── SUPPLIED RECORDS
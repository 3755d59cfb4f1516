-- ===== src/Paths.antt =====
-- `filepath.Join` of the standard library, on Unix, as helpers.go, controllers.go, logging.go and
-- security.go use it: two parts are joined and the result is cleaned.
use web_based_jobs_worker_se.Base.{
  ℕ, ◌≡◌, refl, ap, Bool, true, false, not, ◌&&◌, ◌||◌, List, [], ◌∷◌, ◌++◌, arith, Text, text_eq,
  codes, nat_beq, if◌then◌else◌,
}

abbrev dot : Text
dot = b'.' ∷ []

abbrev dots : Text
dots = b'.' ∷ b'.' ∷ []

abbrev slash : Text
slash = b'/' ∷ []

prepend : ℕ → List Text → List Text
prepend c [] = (c ∷ []) ∷ []
prepend c (e ∷ es) = (c ∷ e) ∷ es

-- What stands between the slashes.
elements : Text → List Text
unfolding prepend
elements [] = [] ∷ []
elements (c ∷ s) = let rest = elements s in if nat_beq c b'/' then [] ∷ rest else prepend c rest

-- An element `..` takes the element before it away.
up : Bool → List Text → List Text
up rooted [] = if rooted then [] else dots ∷ []
up rooted (e ∷ kept) = if text_eq e dots then dots ∷ e ∷ kept else kept

-- An element, behind those that are kept, the last one first.
push : Bool → List Text → Text → List Text
unfolding up
push rooted kept e =
    if text_eq e [] || text_eq e dot
    then kept
    else if text_eq e dots
    then up rooted kept
    else e ∷ kept

collapse : Bool → List Text → List Text → List Text
unfolding push
collapse rooted kept [] = kept
collapse rooted kept (e ∷ es) = collapse rooted (push rooted kept e) es

-- The path ahead of a further element.
before : Bool → List Text → Text
before rooted [] = if rooted then slash else []
before rooted (e ∷ kept) = before rooted kept ++ (e ++ slash)

render : Bool → List Text → Text
unfolding before
render rooted [] = if rooted then slash else dot
render rooted (e ∷ kept) = before rooted kept ++ e

is_rooted : Text → Bool
is_rooted [] = false
is_rooted (c ∷ s) = nat_beq c b'/'

-- `filepath.Clean`.
unfoldable pub clean : Text → Text
unfolding elements collapse render is_rooted
clean s = render (is_rooted s) (collapse (is_rooted s) [] (elements s))

-- `filepath.Join` of two parts, of which empty ones are left out at the front.
unfoldable pub join_path : Text → Text → Text
unfolding clean
join_path [] [] = []
join_path [] (c ∷ name) = clean (c ∷ name)
join_path (c ∷ parent) name = clean ((c ∷ parent) ++ (slash ++ name))

has_slash : Text → Bool
has_slash [] = false
has_slash (c ∷ s) = nat_beq c b'/' || has_slash s

-- A name that cleaning leaves as it is.
unfoldable pub is_name : Text → Bool
unfolding has_slash
is_name s = not (has_slash s) && not (text_eq s [] || (text_eq s dot || text_eq s dots))

elements-plain : (s : Text) → has_slash s ≡ false → elements s ≡ s ∷ []
unfolding elements has_slash
elements-plain [] h = refl
elements-plain (c ∷ s) h = ground (arith, elements-plain s)

elements_cons : (s : Text) → (e : Text) × (es : List Text) × (elements s ≡ e ∷ es)
unfolding elements
elements_cons [] = ([], [], refl)
elements_cons (c ∷ s) =
    let (e, es, h) = elements_cons s in
    (
      if nat_beq c b'/' then [] else c ∷ e,
      if nat_beq c b'/' then elements s else es,
      ground (arith, h),
    )

prepend-append :
    (c : ℕ) (l : List Text) (e : Text) (es more : List Text)
    → l ≡ e ∷ es
    → prepend c (l ++ more) ≡ prepend c l ++ more
unfolding prepend
prepend-append c l e es more h = rw h refl

elements-join :
    (p name : Text)
    → has_slash name ≡ false
    → elements (p ++ (slash ++ name)) ≡ elements p ++ name ∷ []
unfolding elements
elements-join [] name h = ap (λ l. [] ∷ l) (elements-plain name h)
elements-join (c ∷ p) name h =
    let (e, es, k) = elements_cons p in
    rw (elements-join p name h) (ground (arith, prepend-append c (elements p) e es (name ∷ []) k))

collapse-append :
    (r : Bool) (kept es : List Text) (name : Text)
    → collapse r kept (es ++ name ∷ []) ≡ push r (collapse r kept es) name
unfolding collapse
collapse-append r kept [] name = refl
collapse-append r kept (e ∷ es) name = collapse-append r (push r kept e) es name

push-name :
    (r : Bool) (kept : List Text) (name : Text)
    → is_name name ≡ true
    → push r kept name ≡ name ∷ kept
unfolding push is_name
push-name r kept name h = ground arith

no_slash : (name : Text) → is_name name ≡ true → has_slash name ≡ false
unfolding is_name
no_slash name h = ground arith

-- What stands ahead of a name in a folder.
pub lead : Text → Text
lead [] = []
lead (c ∷ p) = before (is_rooted (c ∷ p)) (collapse (is_rooted (c ∷ p)) [] (elements (c ∷ p)))

rooted_not : (c : ℕ) (name : Text) → is_name (c ∷ name) ≡ true → nat_beq c b'/' ≡ false
unfolding is_name has_slash
rooted_not c name h = ground arith

clean-name : (name : Text) → is_name name ≡ true → clean name ≡ name
unfolding clean render before collapse is_rooted is_name has_slash text_eq
clean-name [] h = ground arith
clean-name (c ∷ name) h =
    rw (elements-plain (c ∷ name) (no_slash (c ∷ name) h))
      (rw (rooted_not c name h) (rw (push-name false [] (c ∷ name) h) refl))

pub join_path-name :
    (parent name : Text) → is_name name ≡ true → join_path parent name ≡ lead parent ++ name
unfolding join_path clean lead render is_rooted
join_path-name [] [] h = refl
join_path-name [] (c ∷ name) h = clean-name (c ∷ name) h
join_path-name (c ∷ p) name h =
    let r = is_rooted (c ∷ p) in
    rw (elements-join (c ∷ p) name (no_slash name h)) (
      rw (collapse-append r [] (elements (c ∷ p)) name)
        (rw (push-name r (collapse r [] (elements (c ∷ p))) name h) refl))

-- Cleaning at work.
joined_relative : join_path (codes "./outputs") (codes "a.txt") ≡ codes "outputs/a.txt"
unfolding join_path text_eq
joined_relative = refl

joined_up : join_path (codes "/var//log/../tmp/") (codes "x") ≡ codes "/var/tmp/x"
unfolding join_path text_eq
joined_up = refl
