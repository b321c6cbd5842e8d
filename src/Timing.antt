-- ===== src/Timing.antt =====
-- The estimates of how long a transaction takes: struct TimingParams and the enums of
-- include/IDpaTransaction2.h, and the estimators of Dpa/DpaTransaction2.cpp. All operands are bytes,
-- so the int arithmetic is exact (Timing/Bounds).
pub mod Bounds
mod Tests
use Prim.Native.String.{String}
use text.Mathlib.Text.{◌==◌ as str_eq}
use clibdpa.Base.{ℕ, ◌+◌, ◌-◌, ◌*◌, ◌%◌, Bool, ◌==◌, if◌then◌else◌}
use clibdpa.Protocol.{sizeof_iface_header}
use clibdpa.Base.Int.{ℤ, pos, negsuc, eqb_ℤ, ltb_ℤ, to_i8}

-- enum RfMode.
pub data RfMode : Type 0 where
  std lp : RfMode

-- struct TimingParams; `frc_response_time` is the byte of the enum FrcResponseTime.
pub record TimingParams : Type 0 where
  pub bonded_nodes : ℕ
  pub discovered_nodes : ℕ
  pub frc_response_time : ℕ
  pub os_version : String
  pub dpa_version : ℕ

abbrev pub default_timeout : ℕ
default_timeout = 500

abbrev pub minimal_timeout : ℕ
minimal_timeout = 200

abbrev pub infinite_timeout : ℕ
infinite_timeout = 0

abbrev pub safety_timeout_ms : ℕ
safety_timeout_ms = 40

abbrev pub bond_timeout_ms : ℕ
bond_timeout_ms = 11000

-- `osVersion == "4.03D"`.
abbrev pub is_403d : TimingParams → Bool
is_403d p = str_eq p.os_version "4.03D"

-- `responseTimeSlotLengthMs` of EstimateStdTimeout; the length -1 asks for an estimate from the
-- confirmation alone.
unfoldable pub std_response_slot : TimingParams → ℕ → ℤ → ℕ
std_response_slot p timeslot_req len =
    if eqb_ℤ len (negsuc 0)
    then (if timeslot_req == 20 then 200 else 60)
    else if is_403d p
    then (if ltb_ℤ len (pos 17) then 40 else if ltb_ℤ len (pos 41) then 50 else 60)
    else (if ltb_ℤ len (pos 16) then 40 else if ltb_ℤ len (pos 40) then 50 else 60)

-- EstimateStdTimeout(hopsRequest, timeslotReq, hopsResponse, responseDataLength)
unfoldable pub estimate_std_timeout : TimingParams → ℕ → ℕ → ℕ → ℤ → ℕ
estimate_std_timeout p hops_request timeslot_req hops_response len =
    (hops_request + 1) * timeslot_req * 10
    + ((hops_response + 1) * std_response_slot p timeslot_req len + safety_timeout_ms)

-- `responseTimeSlotLengthMs` of EstimateLpTimeout.
unfoldable pub lp_response_slot : TimingParams → ℕ → ℤ → ℕ
lp_response_slot p timeslot_req len =
    if eqb_ℤ len (negsuc 0)
    then (if timeslot_req == 20 then 200 else 110)
    else if is_403d p
    then (if ltb_ℤ len (pos 17) then 80 else if ltb_ℤ len (pos 41) then 90 else 100)
    else (if ltb_ℤ len (pos 11)
        then 80
        else if ltb_ℤ len (pos 34)
        then 90
        else if ltb_ℤ len (pos 57)
        then 100
        else 110)

-- EstimateLpTimeout(hopsRequest, timeslotReq, hopsResponse, responseDataLength)
unfoldable pub estimate_lp_timeout : TimingParams → ℕ → ℕ → ℕ → ℤ → ℕ
estimate_lp_timeout p hops_request timeslot_req hops_response len =
    (hops_request + 1) * timeslot_req * 10
    + ((hops_response + 1) * lp_response_slot p timeslot_req len + safety_timeout_ms)

-- The choice of the estimator by m_currentCommunicationMode.
unfoldable pub estimate_timeout : RfMode → TimingParams → ℕ → ℕ → ℕ → ℤ → ℕ
unfolding estimate_std_timeout estimate_lp_timeout
estimate_timeout lp = estimate_lp_timeout
estimate_timeout std = estimate_std_timeout

-- The argument `static_cast<int8_t>(GetLength() - (sizeof(TDpaIFaceHeader) + 2))`: the difference
-- is a size_t, of 64 bits.
abbrev pub response_data_length : ℕ → ℤ
response_data_length len =
    to_i8 ((len + 18446744073709551616 - (sizeof_iface_header + 2)) % 18446744073709551616)

-- The switch of getFrcTimeout.
unfoldable pub frc_response_ms : ℕ → ℕ
frc_response_ms t =
    if t == 0x10
    then 360
    else if t == 0x20
    then 680
    else if t == 0x30
    then 1320
    else if t == 0x40
    then 2600
    else if t == 0x50
    then 5160
    else if t == 0x60
    then 10280
    else if t == 0x70
    then 20620
    else 40

-- getFrcTimeout()
unfoldable pub get_frc_timeout : RfMode → TimingParams → ℕ
unfolding frc_response_ms
get_frc_timeout std p =
    p.bonded_nodes * 30 + (p.discovered_nodes + 2) * 110 + frc_response_ms p.frc_response_time + 220
get_frc_timeout lp p =
    p.bonded_nodes * 30 + (p.discovered_nodes + 2) * 160 + frc_response_ms p.frc_response_time + 260
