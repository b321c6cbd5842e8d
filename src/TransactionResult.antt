-- ===== src/TransactionResult.antt =====
-- class DpaTransactionResult2 (Dpa/DpaTransactionResult2.h and .cpp): what a transaction hands to
-- its user. `std::chrono::system_clock::now()` is an argument of the calls that read the clock.
pub mod Codes
mod Tests
use clibdpa.Base.{ℕ, ◌&&◌, Bool, true, false, List, ltb, if◌then◌else◌, not}
use clibdpa.Base.Int.{ℤ, pos, eqb_ℤ}
use clibdpa.Message.{DpaMessage, get_length, response_code_field}
use clibdpa.Message
use clibdpa.ErrorCode.{value, trn_ok, trn_error_aborted, error_string}

pub record DpaTransactionResult : Type 0 where
  pub m_request : DpaMessage
  pub m_confirmation : DpaMessage
  pub m_response : DpaMessage
  pub m_request_ts : ℕ
  pub m_confirmation_ts : ℕ
  pub m_response_ts : ℕ
  pub m_error_code : ℤ
  pub m_response_code : ℤ
  pub m_is_responded : Bool
  pub m_is_confirmed : Bool

-- DpaTransactionResult2(request). A time point is 0 until it is set.
unfoldable pub new : DpaMessage → ℕ → DpaTransactionResult
unfolding Message.empty Message.assign
new request now = record {
  m_request = Message.assign Message.empty false request;
  m_confirmation = Message.empty;
  m_response = Message.empty;
  m_request_ts = now;
  m_confirmation_ts = 0;
  m_response_ts = 0;
  m_error_code = value trn_error_aborted;
  m_response_code = value trn_ok;
  m_is_responded = false;
  m_is_confirmed = false;
}

-- getErrorCode()
unfoldable pub get_error_code : DpaTransactionResult → ℤ
get_error_code r =
    if not (eqb_ℤ r.m_error_code (value trn_ok)) then r.m_error_code else r.m_response_code

-- overrideErrorCode(err)
unfoldable pub override_error_code : DpaTransactionResult → ℤ → DpaTransactionResult
override_error_code r e = record r { m_error_code = e }

-- getErrorString()
unfoldable pub get_error_string : DpaTransactionResult → List ℕ
get_error_string r = error_string r.m_error_code

-- isConfirmed() and isResponded()
abbrev pub is_confirmed : DpaTransactionResult → Bool
is_confirmed r = r.m_is_confirmed

abbrev pub is_responded : DpaTransactionResult → Bool
is_responded r = r.m_is_responded

-- setConfirmation(confirmation)
unfoldable pub set_confirmation : DpaTransactionResult → DpaMessage → ℕ → DpaTransactionResult
unfolding Message.assign
set_confirmation r confirmation now = record r {
  m_confirmation_ts = now;
  m_confirmation = Message.assign r.m_confirmation false confirmation;
  m_is_confirmed = true;
}

-- setResponse(response)
unfoldable pub set_response : DpaTransactionResult → DpaMessage → ℕ → DpaTransactionResult
unfolding Message.assign response_code_field
set_response r response now =
    let stored = record r {
      m_response_ts = now;
      m_response = Message.assign r.m_response false response;
    } in
    if ltb 0 (get_length response)
    then record stored {
      m_response_code = pos (response_code_field response);
      m_is_responded = true;
    }
    else record stored { m_is_responded = false }

-- setErrorCode(errorCode)
unfoldable pub set_error_code : DpaTransactionResult → ℤ → DpaTransactionResult
set_error_code r e = record r {
  m_error_code =
      if eqb_ℤ e (value trn_ok) && not (eqb_ℤ r.m_response_code (value trn_ok))
      then r.m_response_code
      else e;
}
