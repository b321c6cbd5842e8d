-- ===== src/Transaction/Types.antt =====
-- The members of class DpaTransaction2 (Dpa/DpaTransaction2.h).
use clibdpa.Base.{ℕ, Bool, ◌==◌}
use clibdpa.Base.Int.{ℤ}
use clibdpa.Base.Bytes.{low_byte}
use clibdpa.Protocol.{coordinator_address}
use clibdpa.Message.{DpaMessage, node_address}
use clibdpa.Timing.{RfMode, TimingParams}
use clibdpa.TransactionResult.{DpaTransactionResult}

-- enum DpaTransfer2State.
pub data TransferState : Type 0 where
  created sent sent_coordinator confirmation confirmation_broadcast received_response :
      TransferState
  processed timeout aborted interface_error default_error : TransferState

-- The members but the functor, the condition variable and its mutex. The timeouts are uint32_t, the
-- hops and the time slot int8_t. `m_dpa_transaction_result` is the object behind the unique pointer.
pub record Transaction : Type 0 where
  pub m_dpa_transaction_result : DpaTransactionResult
  pub m_state : TransferState
  pub m_finish : Bool
  pub m_current_communication_mode : RfMode
  pub m_current_timing_params : TimingParams
  pub m_default_error : ℤ
  pub m_default_timeout : ℕ
  pub m_user_timeout_ms : ℕ
  pub m_expected_duration_ms : ℕ
  pub m_infinit_timeout : Bool
  pub m_hops : ℤ
  pub m_timeslot_length : ℤ
  pub m_hops_response : ℤ
  pub m_transaction_id : ℕ

-- `m_dpaTransactionResultPtr->getRequest()`.
abbrev pub request_of : Transaction → DpaMessage
request_of t = t.m_dpa_transaction_result.m_request

-- `(message.NodeAddress() & BROADCAST_ADDRESS) == COORDINATOR_ADDRESS`.
unfoldable pub to_coordinator : DpaMessage → Bool
to_coordinator m = low_byte (node_address m) == coordinator_address
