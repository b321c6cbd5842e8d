-- ===== src/Handler/Types.antt =====
-- The members of DpaHandler2::Imp. Transactions are shared objects: the store holds them, and the user,
-- the queue and the handler hold references, which are positions in the store.
use Prim.Native.String.{String}
use clibdpa.Base.{ℕ, List, [], Option, none}
use clibdpa.Base.Int.{ℤ, pos}
use clibdpa.Timing.{RfMode, std, TimingParams, default_timeout}
use clibdpa.TaskQueue.{TaskQueue}
use clibdpa.TaskQueue
use clibdpa.Transaction.Types.{Transaction}

-- `H` stands for the user's functions. `store` and `ids` are the transactions that were made and the
-- static counter of their constructor.
pub record Handler (H : Type 0) : Type 0 where
  pub m_rf_mode : RfMode
  pub m_timing_params : TimingParams
  pub m_async_message_handler : Option H
  pub m_any_message_handler_map : List (String × H)
  pub m_default_timeout : ℤ
  pub m_pending_transaction : Option ℕ
  pub m_dpa_transaction_queue : TaskQueue ℕ
  pub store : List Transaction
  pub ids : ℕ

abbrev pub initial_timing_params : TimingParams
initial_timing_params = record {
  bonded_nodes = 1;
  discovered_nodes = 1;
  frc_response_time = 0x00;
  os_version = "4.02D";
  dpa_version = 0x0302;
}

module _ {H : Type 0} where
  -- Imp(iqrfInterface), for an interface that is no null pointer.
  unfoldable pub init : Handler H
  unfolding TaskQueue.new
  init = record {
    m_rf_mode = std;
    m_timing_params = initial_timing_params;
    m_async_message_handler = none;
    m_any_message_handler_map = [];
    m_default_timeout = pos default_timeout;
    m_pending_transaction = none;
    m_dpa_transaction_queue = TaskQueue.new;
    store = [];
    ids = 0;
  }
────
WHAT TO DO
After locating the line holding "is_confirmed r = r.m_is_confirmed" above, output exactly that line and every line after it through the line holding "if ltb 0 (get_length response)". Include nothing else.

ANSWER FOR THE TASK
is_confirmed r = r.m_is_confirmed

abbrev pub is_responded : DpaTransactionResult → Bool
is_responded r = r.m_is_responded

-- setConfirmation(confirmation)
unfoldable pub set_confirmation : DpaTransactionResult → DpaMessage → ℕ → DpaTransactionResult
unfolding Message.assign
set_confirmation r confirmation now = record r {
  m_confirmation_ts = now;
  m_confirmation = Message.assign r.m_confirmation false confirmation;
  m_is_confirmed = true;
}

-- setResponse(response)
unfoldable pub set_response : DpaTransactionResult → DpaMessage → ℕ → DpaTransactionResult
unfolding Message.assign response_code_field
set_response r response now =
    let stored = record r {
      m_response_ts = now;
      m_response = Message.assign r.m_response false response;
    } in
    if ltb 0 (get_length response)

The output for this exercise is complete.